■ **Data section**:
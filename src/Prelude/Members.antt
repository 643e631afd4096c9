-- ===== src/Prelude/Members.antt =====
-- Membership through the operations on lists.
use Prim.Native.Nat.{ℕ, zero, suc}
use mathlib.Core.Path.{◌≡◌}
use mathlib.Core.Logic.{◌⊎◌, inr}
use mathlib.Core.Bool.{Bool, true}
use mathlib.Core.Option.{some}
use mathlib.Core.List.{List, [], ◌∷◌, ◌++◌}
use native.Mathlib.Omega.{arith}
use jarvis_ai_coo.Prelude.Lists.{find, where_, order_by, insert_by, take, drop, In}

module _ {A : Type 0} where
  pub find-In : (p : A → Bool) (x : A) (xs : List A) → find p xs ≡ some x → In x xs × (p x ≡ true)
  unfolding find
  find-In p x [] h = cc
  find-In p x (y ∷ ys) h = ground (arith, find-In p x ys)

  pub In-where : (p : A → Bool) (x : A) (xs : List A) → In x (where_ p xs) → In x xs × (p x ≡ true)
  unfolding where_
  In-where p x [] h = elim h [ ]
  In-where p x (y ∷ ys) h = ground (arith, In-where p x ys)

  In-insert_by :
      (key : A → ℕ) (x y : A) (ys : List A) → In x (insert_by key y ys) → (x ≡ y) ⊎ In x ys
  In-insert_by key x y [] h = h
  In-insert_by key x y (z ∷ zs) h = ground (arith, In-insert_by key x y zs)

  pub In-order_by : (key : A → ℕ) (x : A) (xs : List A) → In x (order_by key xs) → In x xs
  unfolding order_by
  In-order_by key x [] h = h
  In-order_by key x (y ∷ ys) h =
      ground (arith, In-insert_by key x y (order_by key ys) h, In-order_by key x ys)

  pub In-append : (x : A) (xs ys : List A) → In x (xs ++ ys) → In x xs ⊎ In x ys
  In-append x [] ys h = inr h
  In-append x (y ∷ xs) ys h = ground (arith, In-append x xs ys)

  pub In-take : (n : ℕ) (x : A) (xs : List A) → In x (take n xs) → In x xs
  In-take zero x xs h = elim h [ ]
  In-take (suc n) x [] h = h
  In-take (suc n) x (y ∷ ys) h = ground (arith, In-take n x ys)

  pub In-drop : (n : ℕ) (x : A) (xs : List A) → In x (drop n xs) → In x xs
  In-drop zero x xs h = h
  In-drop (suc n) x [] h = h
  In-drop (suc n) x (y ∷ ys) h = inr (In-drop n x ys h)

■ **Problem to work on**: Going through the entries above, show each line that contains "Bool".

■ **Result for this task**:
use mathlib.Core.Bool.{Bool, true}
  pub find-In : (p : A → Bool) (x : A) (xs : List A) → find p xs ≡ some x → In x xs × (p x ≡ true)
  pub In-where : (p : A → Bool) (x : A) (xs : List A) → In x (where_ p xs) → In x xs × (p x ≡ true)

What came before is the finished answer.